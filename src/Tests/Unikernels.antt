-- ===== src/Tests/Unikernels.antt =====
-- Logs, literals and Solo5 binaries, and the theorems at them.
use muen.Base.{
  ◌+◌, ◌%◌, ◌≤◌, ◌<◌, ◌≡◌, ◌↔◌, refl, arith, true, false, List, [], ◌∷◌, ◌++◌, map, Str, codes,
}
use muen.Base.{some, Result, ok, err, ◌>>=◌, pos, select, length}
use muen.Base.Text.{rstrip}
use muen.Base.Pages.{round_up, round_up_lem}
use muen.Muutils.{int, ada_hex_to_int, int_to_ada_hex}
use muen.Muutils.RoundTrip.{ada_hex_to_int-int_to_ada_hex}
use muen.Mulog.{mulog}
use muen.Mulog.Continued.{mulog_lem, parents}
use muen.Mulog.Extended.{printed}
use muen.Xml.{Etree, has_tag}
use muen.Xml.Tree.{Tree, elem, tree, tree-IsLawful}
use muen.Solo5.Memory.{Segment, add_elf_memory, add_segment}
use muen.Solo5.Regions.{Holds, end_of, add_elf_memory-Holds}
use muen.Solo5.Names.{IsBounded, add_elf_memory_names, add_segment_exceeds}
use muen.Base.{All, List}
use muen.Solo5.Channels.{Device, is_net, nodes, closed, add_devices, without_first, first_of}
use muen.Solo5.Channels.Layout.{channels_from, add_devices-nodes, add_devices-channels_from}
use muen.Solo5.Spec.{Abi, Manifest, validate_solo5_abi, gencspec, set_resetable, add_bootparams}
use muen.Solo5.Spec.Checks.{IsMuenAbi, validate_solo5_abi_lem, gencspec_checks}
use muen.Solo5.Spec.Config.{
  boolean_of, string_of, set_resetable-add_bootparams, set_resetable-add_bootparams_new,
}
use muen.Base.Text.{lstrip}
use muen.Base.{eqb, not, none, exit}
use muen.Arguments.{Files, dirname}
use muen.Solo5.Output.{out_spec_path, out_spec_path_here}

ada_hex_to_int-int_to_ada_hex_example :
    ((int_to_ada_hex (int (pos 74565)) >>= ada_hex_to_int) ≡ ok (int (pos 74565))) ↔ (0 < 74565)
ada_hex_to_int-int_to_ada_hex_example = ada_hex_to_int-int_to_ada_hex 74565

page_rounding : (round_up 4097 % 4096 ≡ 0) × (4097 ≤ round_up 4097) × (round_up 4097 < 4097 + 4096)
page_rounding = round_up_lem 4097

abbrev log : List Str
log = codes "16#0001#|a\n" ∷ codes "16#0001#>b\n" ∷ []

mulog_example : (mulog log ≡ ok (codes "16#0001#|ab" ∷ [])) ↔ (
    (parents [] (map (rstrip (13 ∷ 10 ∷ [])) log) ≡ true)
    × (codes "16#0001#|ab" ∷ [] ≡ printed (map (rstrip (13 ∷ 10 ∷ [])) log)))
mulog_example = mulog_lem log (codes "16#0001#|ab" ∷ [])

abbrev text_segment : Segment
text_segment = record {
  is_load = true;
  sections = codes ".interp" ∷ codes ".text" ∷ [];
  w = false;
  x = true;
  virtual_address = 0x100000;
  physical_size = 5000;
  virtual_size = 20000;
  file_offset = 4096;
}

abbrev pub provides : Tree
provides = elem (codes "provides") [] []

add_elf_memory-Holds_example :
    let r = add_elf_memory tree (codes "net") (codes "net.muen") (text_segment ∷ []) provides in
    (es : List Tree) × (tree.children (r.0) ≡ tree.children provides ++ es)
    × Holds tree es (text_segment ∷ [])
    × (r.1 ≡ end_of (text_segment ∷ []) 0)
add_elf_memory-Holds_example =
    add_elf_memory-Holds tree tree-IsLawful (codes "net") (codes "net.muen") (text_segment ∷ [])
      provides ((omega arith, omega arith), tt)

abbrev long_names : List Str
long_names =
    codes ".note.solo5.manifest"
    ∷ codes ".note.solo5.not-openbsd"
    ∷ codes ".eh_frame"
    ∷ codes ".tdata"
    ∷ []

-- A segment whose sections have long names and that is larger in memory
abbrev long_segment : Segment
long_segment = record {
  is_load = true;
  sections = long_names;
  w = true;
  x = false;
  virtual_address = 4096;
  physical_size = 100;
  virtual_size = 8192;
  file_offset = 4096;
}

abbrev provided : Tree
provided = elem (codes "provides") [] []

add_elf_memory_names_example :
    (es : List Tree) × (tree.children
        (add_elf_memory tree (codes "unikernel") (codes "b") (long_segment ∷ []) provided).0
      ≡ [] ++ es)
    × All (IsBounded tree (codes "unikernel")) es
add_elf_memory_names_example =
    add_elf_memory_names tree tree-IsLawful (codes "unikernel") (codes "b") (long_segment ∷ [])
      provided (omega arith)

add_segment_exceeds_example :
    (es : List Tree) × (m : Tree) × (logical : Str) × (tree.children
        (add_segment tree (codes "unikernel") (codes "b") long_segment (provided, 0)).0
      ≡ es ++ m ∷ [])
    × (tree.get m (codes "logical") ≡ some logical)
    × (9 + 1 + length logical ≡ 68)
unfolding round_up
add_segment_exceeds_example =
    add_segment_exceeds tree tree-IsLawful (codes "unikernel") (codes "b") long_segment provided 0
      (omega arith) refl (omega arith) refl (omega arith)

abbrev net_device : Device
net_device = record { kind = codes "NET_BASIC"; name = codes "net0" }

abbrev block_device : Device
block_device = record { kind = codes "BLOCK_BASIC"; name = codes "storage" }

abbrev requires : Tree
requires =
    elem (codes "requires") [] (elem (codes "devices") [] [] ∷ elem (codes "vcpu") [] [] ∷ [])

add_devices-nodes_example :
    closed tree (
      add_devices tree (net_device ∷ []) (record {
        requires = requires;
        channels = nodes (elem (codes "channels") [] [] ∷ []);
        chan_addr = 4096;
      }))
    ≡ requires
add_devices-nodes_example =
    add_devices-nodes tree (net_device ∷ []) requires (elem (codes "channels") [] []) [] 4096

add_devices-channels_from_example :
    (e : Tree) × (tree.children (
        closed tree (
          add_devices tree
            (block_device ∷ net_device ∷ [])
            (record { requires = requires; channels = nodes []; chan_addr = 4096 })))
      ≡ without_first (has_tag tree (codes "devices")) (tree.children requires)
        ++ e ∷ first_of (tree.find requires (codes "devices")))
    × (tree.children e ≡ channels_from tree (select is_net (block_device ∷ net_device ∷ [])) 4096)
    × (tree.tag e ≡ some (codes "channels"))
add_devices-channels_from_example =
    add_devices-channels_from tree tree-IsLawful (block_device ∷ net_device ∷ []) requires 4096 refl

abbrev muen_abi : Abi
muen_abi = record {
  kind = codes "solo5.abi";
  target = codes "muen";
  version = 3;
  version_text = codes "3";
}

abbrev manifest : Manifest
manifest = record { kind = codes "solo5.manifest"; devices = net_device ∷ [] }

abbrev pub config : Tree
config = elem (codes "config") [] []

abbrev spec : Tree
spec = elem (codes "component") ((codes "name", codes "Net") ∷ []) (
    config
    ∷ elem (codes "requires") [] (
        elem (codes "vcpu") [] (
          elem (codes "registers") []
            (elem (codes "gpr") [] (elem (codes "rip") [] [] ∷ elem (codes "rsp") [] [] ∷ []) ∷ [])
          ∷ [])
        ∷ [])
    ∷ provides
    ∷ [])

abbrev pub tree_or : Tree → Result Tree → Tree
tree_or t (ok r) = r
tree_or t (err e) = t

abbrev generated : Result Tree
generated =
    gencspec tree (codes "net.muen") true 512 0x100100 (text_segment ∷ []) muen_abi manifest
      (codes "ip=dhcp") spec

validate_solo5_abi_example : (validate_solo5_abi muen_abi ≡ ok tt) ↔ IsMuenAbi muen_abi
validate_solo5_abi_example = validate_solo5_abi_lem muen_abi

gencspec_checks_example : IsMuenAbi muen_abi × (manifest.kind ≡ codes "solo5.manifest")
unfolding gencspec muen.Solo5.Spec.set_rip muen.Xml.Paths.update_path set_resetable add_bootparams
    muen.Solo5.Spec.add_elf muen.Solo5.Spec.add_ram_memory muen.Solo5.Memory.add_ram_region
    muen.Solo5.Memory.set_rsp add_elf_memory muen.Solo5.Memory.add_segments
    muen.Solo5.Memory.add_segment muen.Solo5.Memory.add_fill_region round_up
    muen.Solo5.Memory.add_file_region validate_solo5_abi muen.Base.Dict.lookup muen.Base.Text.split
    mathlib.Core.List.flat_map
gencspec_checks_example =
    gencspec_checks tree (codes "net.muen") true 512 0x100100 (text_segment ∷ []) muen_abi manifest
      (codes "ip=dhcp") spec (tree_or spec generated) refl

set_resetable-add_bootparams_example :
    (c' : Tree) × (tree.children (
        set_resetable tree true (
          add_bootparams tree
            (codes "ip=dhcp")
            (elem (codes "component") [] (config ∷ provides ∷ []))))
      ≡ [] ++ c' ∷ provides ∷ [])
    × (tree.children c'
        ≡ boolean_of tree tree-IsLawful true
          ∷ (tree.children config ++ string_of tree tree-IsLawful (codes "ip=dhcp") ∷ []))
set_resetable-add_bootparams_example =
    set_resetable-add_bootparams tree tree-IsLawful true (codes "ip=dhcp")
      (elem (codes "component") [] (config ∷ provides ∷ [])) config [] (provides ∷ []) refl refl
      refl

config_added :
    (c' : Tree) × (tree.children (
        set_resetable tree true
          (add_bootparams tree (codes "ip=dhcp") (elem (codes "component") [] (provides ∷ []))))
      ≡ c' ∷ provides ∷ [])
    × (tree.children c'
        ≡ boolean_of tree tree-IsLawful true ∷ string_of tree tree-IsLawful (codes "ip=dhcp") ∷ [])
config_added =
    set_resetable-add_bootparams_new tree tree-IsLawful true (codes "ip=dhcp")
      (elem (codes "component") [] (provides ∷ [])) refl

-- An output directory with a directory for specifications, and the current directory
abbrev directories : Files
directories = record { is_file = λ path. true; is_dir = λ path. not (eqb (length path) 0) }

specification_placed :
    out_spec_path directories none (codes "out") (codes "hello") ≡ ok (codes "out/cspecs/hello.xml")
unfolding out_spec_path dirname rstrip lstrip
specification_placed = refl

specification_refused :
    out_spec_path directories (some (codes "c.xml")) (codes "out") (codes "hello")
    ≡ err (exit (codes "Error: Output directory for component specification does not exist ('')"))
specification_refused =
    out_spec_path_here directories (codes "c.xml") (codes "out") (codes "hello")
      (refl, (refl, (refl, (refl, (refl, tt))))) refl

**Exercise requirements**
Take the line above containing "(tree.children config ++", the line containing "unfolding out_spec_path dirname rstrip lstrip", and all lines in between, and copy them exactly without anything else.

**Reply**
          ∷ (tree.children config ++ string_of tree tree-IsLawful (codes "ip=dhcp") ∷ []))
set_resetable-add_bootparams_example =
    set_resetable-add_bootparams tree tree-IsLawful true (codes "ip=dhcp")
      (elem (codes "component") [] (config ∷ provides ∷ [])) config [] (provides ∷ []) refl refl
      refl

config_added :
    (c' : Tree) × (tree.children (
        set_resetable tree true
          (add_bootparams tree (codes "ip=dhcp") (elem (codes "component") [] (provides ∷ []))))
      ≡ c' ∷ provides ∷ [])
    × (tree.children c'
        ≡ boolean_of tree tree-IsLawful true ∷ string_of tree tree-IsLawful (codes "ip=dhcp") ∷ [])
config_added =
    set_resetable-add_bootparams_new tree tree-IsLawful true (codes "ip=dhcp")
      (elem (codes "component") [] (provides ∷ [])) refl

-- An output directory with a directory for specifications, and the current directory
abbrev directories : Files
directories = record { is_file = λ path. true; is_dir = λ path. not (eqb (length path) 0) }

specification_placed :
    out_spec_path directories none (codes "out") (codes "hello") ≡ ok (codes "out/cspecs/hello.xml")
unfolding out_spec_path dirname rstrip lstrip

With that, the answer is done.